Top of Data supplied
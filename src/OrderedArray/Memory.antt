-- ===== src/OrderedArray/Memory.antt =====
-- The loops over the memory, entry by entry.
use luck_os.Common.{
  ℕ, zero, suc, ◌+◌, ◌-◌, ◌≤◌, ◌<◌, ◌≡◌, ◌≢◌, refl, sym, ap, ◌∙◌, true, false, some, List, arith,
  ◌==◌, ◌&&◌, leb, ltb, if◌then◌else◌, ◌>>=◌, length, get_or, set, get_elem?-get_or, set?-set,
  length-set, get_or-set, ℕ_discrete, Bool-cases, inl, inr,
}
use luck_os.Common.Int.{ℤ, nonpos}
use luck_os.OrderedArray.{find_slot, shift_up, shift_down, find_from}

-- `xs'` has the entries `f`, in as many places as `xs`.
pub record Reads (f : ℕ → ℕ) (xs xs' : List ℕ) : Type 0 where
  pub size : length xs' ≡ length xs
  pub entries : (j : ℕ) → get_or xs' j 0 ≡ f j

abbrev pub moved_up : ℕ → ℕ → List ℕ → ℕ → ℕ
moved_up lo i xs j = if ltb lo j && leb j i then get_or xs (j - 1) 0 else get_or xs j 0

abbrev pub moved_down : ℕ → ℕ → List ℕ → ℕ → ℕ
moved_down i hi xs j = if leb i j && ltb j hi then get_or xs (j + 1) 0 else get_or xs j 0

pub shift_up-Reads :
    (rounds i : ℕ) (xs : List ℕ)
    → rounds ≤ i
    → i < length xs
    → (xs' : List ℕ) × (shift_up rounds i xs ≡ some xs') × Reads (moved_up (i - rounds) i xs) xs xs'
unfolding shift_up
shift_up-Reads zero i xs h k = (xs, refl, record { size = refl; entries = λ j. ground arith })
shift_up-Reads (suc rounds) i xs h k =
    let x = get_or xs (i - 1) 0 in
    let (xs', run, rest) =
      shift_up-Reads rounds (i - 1) (set xs i x) (omega arith) (omega (arith, length-set xs i x)) in
    (
      xs',
      rw (get_elem?-get_or xs (i - 1) 0 (omega arith), ◌>>=◌, set?-set xs i x k) run,
      record {
        size = rest.size ∙ length-set xs i x;
        entries = λ j. ground (
          arith,
          rest.entries j,
          get_or-set xs i j x k,
          get_or-set xs i (j - 1) x k,
          ap (λ (t : ℕ). get_or xs (t - 1) 0) {x = j} {y = i},
        );
      },
    )

pub shift_down-Reads :
    (rounds i : ℕ) (xs : List ℕ)
    → i + rounds < length xs
    → (xs' : List ℕ) × (shift_down rounds i xs ≡ some xs')
      × Reads (moved_down i (i + rounds) xs) xs xs'
unfolding shift_down
shift_down-Reads zero i xs h = (xs, refl, record { size = refl; entries = λ j. ground arith })
shift_down-Reads (suc rounds) i xs h =
    let x = get_or xs (i + 1) 0 in
    let (xs', run, rest) =
      shift_down-Reads rounds (i + 1) (set xs i x) (omega (arith, length-set xs i x)) in
    (
      xs',
      rw (get_elem?-get_or xs (i + 1) 0 (omega arith), ◌>>=◌, set?-set xs i x (omega arith)) run,
      record {
        size = rest.size ∙ length-set xs i x;
        entries = λ j. ground (
          arith,
          rest.entries j,
          get_or-set xs i j x (omega arith),
          get_or-set xs i (j + 1) x (omega arith),
          ap (λ (t : ℕ). get_or xs (t + 1) 0) {x = j} {y = i},
        );
      },
    )

-- Where the search for a slot stops.
pub record IsSlot (comparator : ℕ → ℕ → ℤ) (item lo hi : ℕ) (xs : List ℕ) (k : ℕ) : Type 0 where
  pub above : lo ≤ k
  pub below : k ≤ hi
  pub before : (j : ℕ) → lo ≤ j → j < k → nonpos (comparator (get_or xs j 0) item) ≡ true
  pub at : k < hi → nonpos (comparator (get_or xs k 0) item) ≡ false

pub find_slot-IsSlot :
    (comparator : ℕ → ℕ → ℤ) (item rounds i hi : ℕ) (xs : List ℕ)
    → i + rounds ≡ hi
    → hi ≤ length xs
    → (k : ℕ) × (find_slot comparator item rounds i xs ≡ some k) × IsSlot comparator item i hi xs k
unfolding find_slot
find_slot-IsSlot comparator item zero i hi xs e h = (
  i,
  refl,
  record {
    above = omega arith;
    below = omega arith;
    before = λ j p q. absurd (omega arith);
    at = λ p. absurd (omega arith);
  },
)
find_slot-IsSlot comparator item (suc rounds) i hi xs e h =
    let x = get_or xs i 0 in
    let (k, run, slot) = find_slot-IsSlot comparator item rounds (suc i) hi xs (omega arith) h in
    elim (Bool-cases (nonpos (comparator x item))) [
      | inl go ↦ (
        k,
        rw (get_elem?-get_or xs i 0 (omega arith), ◌>>=◌, go) run,
        record {
          above = omega (arith, slot.above);
          below = slot.below;
          before = λ j p q. elim (ℕ_discrete i j) [
            | yes same ↦ ap (λ (t : ℕ). nonpos (comparator (get_or xs t 0) item)) (sym same) ∙ go
            | no other ↦ slot.before j (omega arith) q
          ];
          at = slot.at;
        },
      )
      | inr stop ↦ (
        i,
        rw (get_elem?-get_or xs i 0 (omega arith), ◌>>=◌, stop),
        record {
          above = omega arith;
          below = omega arith;
          before = λ j p q. absurd (omega arith);
          at = λ p. stop;
        },
      )
    ]

-- Where the search for an element stops: at the first place of it, or behind the last one.
pub record IsFirst (ele lo hi : ℕ) (xs : List ℕ) (k : ℕ) : Type 0 where
  pub above : lo ≤ k
  pub below : k ≤ hi
  pub before : (j : ℕ) → lo ≤ j → j < k → get_or xs j 0 ≢ ele
  pub at : k < hi → get_or xs k 0 ≡ ele

pub find_from-IsFirst :
    (ele rounds i hi : ℕ) (xs : List ℕ)
    → i + rounds ≡ hi
    → hi ≤ length xs
    → (k : ℕ) × (find_from hi ele rounds i xs ≡ some k) × IsFirst ele i hi xs k
unfolding find_from
find_from-IsFirst ele zero i hi xs e h = (
  hi,
  refl,
  record {
    above = omega arith;
    below = omega arith;
    before = λ j p q. absurd (omega arith);
    at = λ p. absurd (omega arith);
  },
)
find_from-IsFirst ele (suc rounds) i hi xs e h =
    let x = get_or xs i 0 in
    let (k, run, first) = find_from-IsFirst ele rounds (suc i) hi xs (omega arith) h in
    elim (Bool-cases (x == ele)) [
      | inl hit ↦ (
        i,
        rw (get_elem?-get_or xs i 0 (omega arith), ◌>>=◌, hit),
        record {
          above = omega arith;
          below = omega arith;
          before = λ j p q. absurd (omega arith);
          at = λ p. ground arith;
        },
      )
      | inr miss ↦ (
        k,
        rw (get_elem?-get_or xs i 0 (omega arith), ◌>>=◌, miss) run,
        record {
          above = omega (arith, first.above);
          below = first.below;
          before = λ j p q. elim (ℕ_discrete i j) [
            | yes same ↦ ground (arith, ap (λ (t : ℕ). get_or xs t 0) same)
            | no other ↦ first.before j (omega arith) q
          ];
          at = first.at;
        },
      )
    ]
Bottom of Data supplied
- [Task statement] Collect the lines of the data that carry the word "Type".

- [Task output]
pub record Reads (f : ℕ → ℕ) (xs xs' : List ℕ) : Type 0 where
pub record IsSlot (comparator : ℕ → ℕ → ℤ) (item lo hi : ℕ) (xs : List ℕ) (k : ℕ) : Type 0 where
pub record IsFirst (ele lo hi : ℕ) (xs : List ℕ) (k : ℕ) : Type 0 where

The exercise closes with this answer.